More is better
Time Limit:1000MS
Memory Limit:102400KB
64bit
IO Format:%I64d & %I64u
Submit Status
Description
Mr Wang wants some boys to help him with a project. Because the project is rather complex,
the more boys come, the better it will be. Of course there are certain requirements.Mr Wang selected
a room big enough to hold the boys. The boy who are not been chosen has to leave the room immediately. There are 10000000 boys in the room numbered from 1 to 10000000 at the very beginning. After Mr Wang's selection any two of them who are still in this room
should be friends (direct or indirect), or there is only one boy left. Given all the direct friend-pairs, you should decide the best way.
Input
The first line of the input contains an integer n (0 ≤ n ≤ 100 000) - the number of direct friend-pairs.
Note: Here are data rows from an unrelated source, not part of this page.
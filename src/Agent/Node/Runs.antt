-- ===== src/Agent/Node/Runs.antt =====
-- Sequences of calls of the node agent: what holds after all of them.
use wasmatrix.Prelude.{
  ℕ, String, Bool, false, Option, none, some, List, [], ◌∷◌, ◌+◌, ◌<◌, ◌≤◌, ◌%◌, ◌*◌, ◌≡◌, refl,
  unwrap_or, arith, ◌==◌, eq_iff, Result, ok, err, if◌then◌else◌, length, leb, inl, inr, min,
  Option-cases,
}
use wasmatrix.HashMap
use wasmatrix.HashMap.{HashMap, get-insert, get-remove, get-empty}
use wasmatrix.Core.Types.{DateTime, CapabilityAssignment, RestartPolicy, CoreError}
use wasmatrix.Agent.Restart.{CrashInfo, new_crash_info, count_crash, u32_mod, u64_mod}
use wasmatrix.Agent.Restart.Decision.{on_failure_with, should_restart-by_count}
use wasmatrix.Agent.Restart.Backoff.{factor}
use wasmatrix.Agent.Node.{
  Engine, InstanceHandle, NodeAgent, new_agent, start_instance_local, stop_instance_local,
  on_instance_crash, restart_instance, get_crash_count,
}
use wasmatrix.Agent.Node.Operations.{restart_instance-relaunched, relaunched, relaunch}

pub data Call : Type 0 where
  starts : String → List ℕ → List CapabilityAssignment → RestartPolicy → Call
  stops : String → Call
  crashes : String → String → Call
  restarts : String → Call

abbrev pub is_crash_of : String → Call → Bool
is_crash_of i (crashes j error) = j == i
is_crash_of i (starts j bytes caps policy) = false
is_crash_of i (stops j) = false
is_crash_of i (restarts j) = false

-- how often the calls report a crash of the instance
abbrev pub crashes_of : String → List (DateTime × Call) → ℕ
crashes_of i [] = 0
crashes_of i ((now, call) ∷ calls) =
    let rest = crashes_of i calls in if is_crash_of i call then 1 + rest else rest

module _ (engine : Engine) where
  unfoldable pub step : NodeAgent engine → DateTime × Call → NodeAgent engine
  step agent (now, starts i bytes caps policy) =
      (start_instance_local engine now agent i bytes caps policy).1
  step agent (now, stops i) = (stop_instance_local engine now agent i).1
  step agent (now, crashes i error) = (on_instance_crash engine now agent i error).1
  step agent (now, restarts i) = (restart_instance engine now agent i).1

  unfoldable pub run : NodeAgent engine → List (DateTime × Call) → NodeAgent engine
  run agent [] = agent
  run agent (c ∷ cs) = run (step agent c) cs

  on_instance_crash-history :
      (now : DateTime) (agent : NodeAgent engine) (j e i : String)
      → get_crash_count engine (on_instance_crash engine now agent j e).1 i ≡ (
          if j == i
          then (get_crash_count engine agent i + 1) % u32_mod
          else get_crash_count engine agent i)
  unfolding on_instance_crash get_crash_count count_crash
  on_instance_crash-history now agent j e i = ground (
    arith,
    get-insert agent.crash_history j i
        (count_crash now (unwrap_or (HashMap.get agent.crash_history j) new_crash_info)),
    eq_iff j i,
  )

  start_instance_local-history :
      (now : DateTime) (agent : NodeAgent engine) (j : String) (b : List ℕ)
      (c : List CapabilityAssignment) (p : RestartPolicy)
      → (start_instance_local engine now agent j b c p).1.crash_history ≡ agent.crash_history
  unfolding start_instance_local
  start_instance_local-history now agent j b c p = ground arith

  stop_instance_local-history :
      (now : DateTime) (agent : NodeAgent engine) (j : String)
      → (stop_instance_local engine now agent j).1.crash_history ≡ agent.crash_history
  unfolding stop_instance_local
  stop_instance_local-history now agent j = ground arith

  relaunched-history :
      (now : DateTime) (agent : NodeAgent engine) (j : String)
      (l : Result (InstanceHandle engine) CoreError)
      → (relaunched engine agent now j l).1.crash_history ≡ agent.crash_history
  relaunched-history now agent j (ok h) = refl
  relaunched-history now agent j (err e) = refl

  restart_instance-history :
      (now : DateTime) (agent : NodeAgent engine) (j : String)
      → (restart_instance engine now agent j).1.crash_history ≡ agent.crash_history
  restart_instance-history now agent j = elim (Option-cases (HashMap.get agent.instances j)) [
    | inl e ↦ unfold restart_instance in ground (arith, e)
    | inr (h, e) ↦ ground (
      arith,
      restart_instance-relaunched engine agent now j h e,
      relaunched-history now agent j (relaunch engine agent now j h),
    )
  ]

  step-count :
      (agent : NodeAgent engine) (now : DateTime) (call : Call) (i : String)
      → get_crash_count engine (step agent (now, call)) i ≡ (
          if is_crash_of i call
          then (get_crash_count engine agent i + 1) % u32_mod
          else get_crash_count engine agent i)
  unfolding step get_crash_count
  step-count agent now (crashes j e) i = on_instance_crash-history now agent j e i
  step-count agent now (starts j b c p) i =
      ground (arith, start_instance_local-history now agent j b c p)
  step-count agent now (stops j) i = ground (arith, stop_instance_local-history now agent j)
  step-count agent now (restarts j) i = ground (arith, restart_instance-history now agent j)

  count-run :
      (agent : NodeAgent engine) (calls : List (DateTime × Call)) (i : String)
      → get_crash_count engine agent i + length calls < u32_mod
      → get_crash_count engine (run agent calls) i
        ≡ get_crash_count engine agent i + crashes_of i calls
  unfolding run
  count-run agent [] i small = omega arith
  count-run agent ((now, call) ∷ calls) i small =
      let one = step-count agent now call i in
      let bound : get_crash_count engine (step agent (now, call)) i + length calls < u32_mod =
        ground (arith, one) in
      let ih = count-run (step agent (now, call)) calls i bound in ground (arith, one)

  crashes_of-le : (i : String) (calls : List (DateTime × Call)) → crashes_of i calls ≤ length calls
  crashes_of-le i [] = omega arith
  crashes_of-le i ((now, call) ∷ calls) = let ih = crashes_of-le i calls in ground arith

  counted_next :
      (node_id : String) (calls : List (DateTime × Call)) (i : String) (now : DateTime)
      → length calls + 1 < u32_mod
      → (count_crash now (
          unwrap_or
            (HashMap.get (run (new_agent engine node_id) calls).crash_history i)
            new_crash_info)).crash_count
        ≡ 1 + crashes_of i calls
  unfolding count_crash get_crash_count
  counted_next node_id calls i now few =
      let none_yet = get-empty {V = CrashInfo} i in
      let count = count-run (new_agent engine node_id) calls i (ground (arith, none_yet)) in
      let bound = crashes_of-le i calls in ground (arith, none_yet, count)

  -- After any calls on a new agent, fewer than 2^32 - 1, a crash of a running instance with an
  -- on-failure policy, whose base times 256 is below 2^64, is answered by the number of crashes the calls
  -- reported for it, this one counted too, whatever starts, stops and restarts came between: a
  -- restart after the exponential delay while the number is within the limit, if there is one, and
  -- no restart above it.
  pub on_instance_crash-run :
      (node_id : String) (calls : List (DateTime × Call)) (i error : String) (now : DateTime)
      (handle : InstanceHandle engine) (max_retries backoff : Option ℕ)
      → length calls + 1 < u32_mod
      → unwrap_or backoff 5 * 256 < u64_mod
      → HashMap.get (run (new_agent engine node_id) calls).instances i ≡ some handle
      → handle.restart_policy ≡ on_failure_with max_retries backoff
      → (on_instance_crash engine now (run (new_agent engine node_id) calls) i error).0 ≡ (
          if leb (1 + crashes_of i calls) (unwrap_or max_retries (1 + crashes_of i calls))
          then some (min (unwrap_or backoff 5 * factor (1 + crashes_of i calls)) 300)
          else none)
  unfolding on_instance_crash
  on_instance_crash-run node_id calls i error now handle max_retries backoff few small running
        policy =
      let agent = run (new_agent engine node_id) calls in
      let info = count_crash now (unwrap_or (HashMap.get agent.crash_history i) new_crash_info) in
      let counted : info.crash_count ≡ 1 + crashes_of i calls =
        counted_next node_id calls i now few in
      let decision = should_restart-by_count info max_retries backoff small in
      ground (arith, running, policy, counted, decision)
The following n lines each contains a pair of numbers A and B separated by a single space that suggests
A and B are direct friends. (A ≠ B, 1 ≤ A, B ≤ 10000000)
Output
The output in one line contains exactly one integer equals to the maximum number of boys Mr Wang may keep.
Sample Input
4
1 2
3 4
5 6
1 6
4
1 2
3 4
5 6
7 8
Sample Output
4
2
Hint
A and B are friends(direct or indirect), B and C are friends(direct or indirect),
then A and C are also friends(indirect).
In the first sample {1,2,5,6} is the result.
In the second sample {1,2},{3,4},{5,6},{7,8} are four kinds of answers.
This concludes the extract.